Наиболее экономичные гибридизационные пробы были предложены практически одновременно в работах ряда авторов [42-44]. Все они основаны на способности гуанина тушить большинство флуорохромов. С целью регистрации изменения базового уровня флуоресценции в ходе амплификации были синтезированы олигонуклеотидные зонды, содержащие один остаток цитозина, меченый флуоресцентным красителем. При этом рядом могли быть расположены еще несколько цитозинов. В ходе амплификации происходило построение цепи ДНК, комплементарной данным зондам, и отжиг гибридизационной пробы, сопровождающийся спариванием цитозинов с гуанинами и тушением флуоресценции красителя. Причем было показано, что остаток одного гуанина тушил свечение на 25%, а дополнительные гуанины увеличивали этот показатель до 40% [42]. Недостатком подхода яля-ется то, что в нем определяется не рост флуорес-

ценции, а снижение и лишь у той части зондов, которые могут найти комплементарные участки для отжига, тогда как в реакционной смеси всегда присутствует большой избыток молекул, флуоресценция которых не меняется.

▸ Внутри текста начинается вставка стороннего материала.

-- ===== src/Uploads/Interleaved/Commits/Rows.antt =====
-- The rows of chunks after the commit of an interleaved request.
use distributed_file_service.Prelude.{
  none, Option, All, Bool, Bool-cases, List, [], arith, count, false, inl, inr, refl, some, true,
  update, ℕ, ◌∷◌, ◌≡◌, ◌≤◌,
}
use distributed_file_service.Text.{Text, text_eq, text_eq_iff}
use distributed_file_service.Models.Columns.{set_columns, set_columns-uploaded}
use distributed_file_service.Models.{Chunk, is_chunk, is_uploaded, uploaded_of}
use distributed_file_service.Models.Rows.{All-append, count-append}
use distributed_file_service.Uploads.Sound.{Fits}
use distributed_file_service.Uploads.Sound.Rows.{count-update_other, is_chunk_other}
use distributed_file_service.Uploads.Interleaved.Chunks.{write_chunk_row}

-- A changed row is an uploaded one of the same upload.
pub count-update_more :
    (id : Text) (c : Chunk) (f : Chunk → Chunk) (cs : List Chunk)
    → ((d : Chunk) → (f d).upload_id ≡ c.upload_id)
    → ((d : Chunk) → is_uploaded d.status ≡ true → is_uploaded (f d).status ≡ true)
    → count (uploaded_of id) cs
      ≤ count (uploaded_of id) (update (is_chunk c.upload_id c.chunk_index) f cs)
unfolding count update uploaded_of is_chunk
count-update_more id c f [] own up = omega arith
count-update_more id c f (d ∷ ds) own up = ground (
  arith,
  count-update_more id c f ds own up,
  own d,
  up d,
  text_eq_iff d.upload_id c.upload_id,
  text_eq_iff d.upload_id id,
  text_eq_iff c.upload_id id,
)

pub count-write_more :
    (id : Text) (existing : Option Chunk) (c : Chunk) (cs : List Chunk)
    → is_uploaded c.status ≡ true
    → count (uploaded_of id) cs ≤ count (uploaded_of id) (write_chunk_row existing c cs)
unfolding write_chunk_row
count-write_more id (some existing) c cs h =
    count-update_more id c (set_columns existing c) cs (λ d. unfold set_columns in refl)
      (λ d. set_columns-uploaded existing c d h)
count-write_more id none c cs h = omega (arith, count-append (uploaded_of id) cs (c ∷ []))

-- The rows of other uploads are counted as before.
pub count-write_other :
    (p : Chunk → Bool) (existing : Option Chunk) (c : Chunk) (id : Text) (cs : List Chunk)
    → ((x : Chunk) → text_eq x.upload_id id ≡ false → p x ≡ false)
    → text_eq c.upload_id id ≡ false
    → count p (write_chunk_row existing c cs) ≡ count p cs
unfolding write_chunk_row
count-write_other p (some existing) c id cs h k =
    count-update_other p (is_chunk c.upload_id c.chunk_index) (set_columns existing c) cs (λ x q.
      (h (set_columns existing c x) (unfold set_columns in k), h x (is_chunk_other c x id q k)))
count-write_other p none c id cs h k = rw count-append (unfold count in rw (h c k) (omega arith))

All-update_taken :
    {A : Type 0} (P : A → Type 0) (q : A → Bool) (f : A → A) (xs : List A)
    → ((x : A) → q x ≡ true → P x → P (f x))
    → All P xs
    → All P (update q f xs)
unfolding update
All-update_taken P q f [] h a = tt
All-update_taken P q f (x ∷ xs) h a = elim (Bool-cases (q x)) [
  | inl e ↦ rw e (h x e a.0, All-update_taken P q f xs h a.1)
  | inr e ↦ rw e (a.0, All-update_taken P q f xs h a.1)
]

pub All-write :
    (P : Chunk → Type 0) (existing : Option Chunk) (c : Chunk) (cs : List Chunk)
    → ((loaded y : Chunk)
        → is_chunk c.upload_id c.chunk_index y ≡ true
        → P y
        → P (set_columns loaded c y))
    → P c
    → All P cs
    → All P (write_chunk_row existing c cs)
unfolding write_chunk_row
All-write P (some existing) c cs h new a =
    All-update_taken P (is_chunk c.upload_id c.chunk_index) (set_columns existing c) cs (h existing)
      a
All-write P none c cs h new a = All-append P cs (c ∷ []) a (new, tt)

pub set_columns-Fits :
    (c loaded y : Chunk) (j : Text) (n : ℕ)
    → is_chunk c.upload_id c.chunk_index y ≡ true
    → Fits j n y
    → Fits j n c
    → Fits j n (set_columns loaded c y)
unfolding is_chunk
set_columns-Fits c loaded y j n own old new = record {
  fits = λ q.
      let k : c.upload_id ≡ j = unfold set_columns in q in
      let was = old.fits (ground (arith, text_eq_iff y.upload_id c.upload_id, own, k)) in
      (set_columns-uploaded loaded c y (new.fits k).0 was.0, unfold set_columns in (new.fits k).1);
}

Другой экономичный тип гибридизационных зондов функционирует на обратном принципе - на эффекте детушения флуорохромов [45]. Авторами был синтезирован ряд зондов с флуоресцентными красителями на 3'- или 5'-концах, с которыми соседствовали два остатка гуанина, вызывающие тушение, однако при формировании в ходе амплификации двуцепочечной ДНК за счет комплементарных цитозинов эффект тушения снижался, приводя к эффекту детушения флуоресценции.

Сближенное расположение праймеров

В классической ПЦР анализ реакционной смеси после амплификации проводится с помощью электрофореза. В этом случае удобнее детектировать продукты ПЦР размером от 150-200 пн в агарозном геле. Однако при планировании ПЦР-РВ желательно, чтобы размер ампликонов был небольшим. Так, во многих высокоспецифичных вариантах размер амплифицируемого фрагмента ДНК укорочен до 7080 пн, из которых 40-50 пн приходятся на места отжига праймеров, остальная последовательность с двух-трех нуклеотидными брешами соответствует месту отжига гибридизационного зонда.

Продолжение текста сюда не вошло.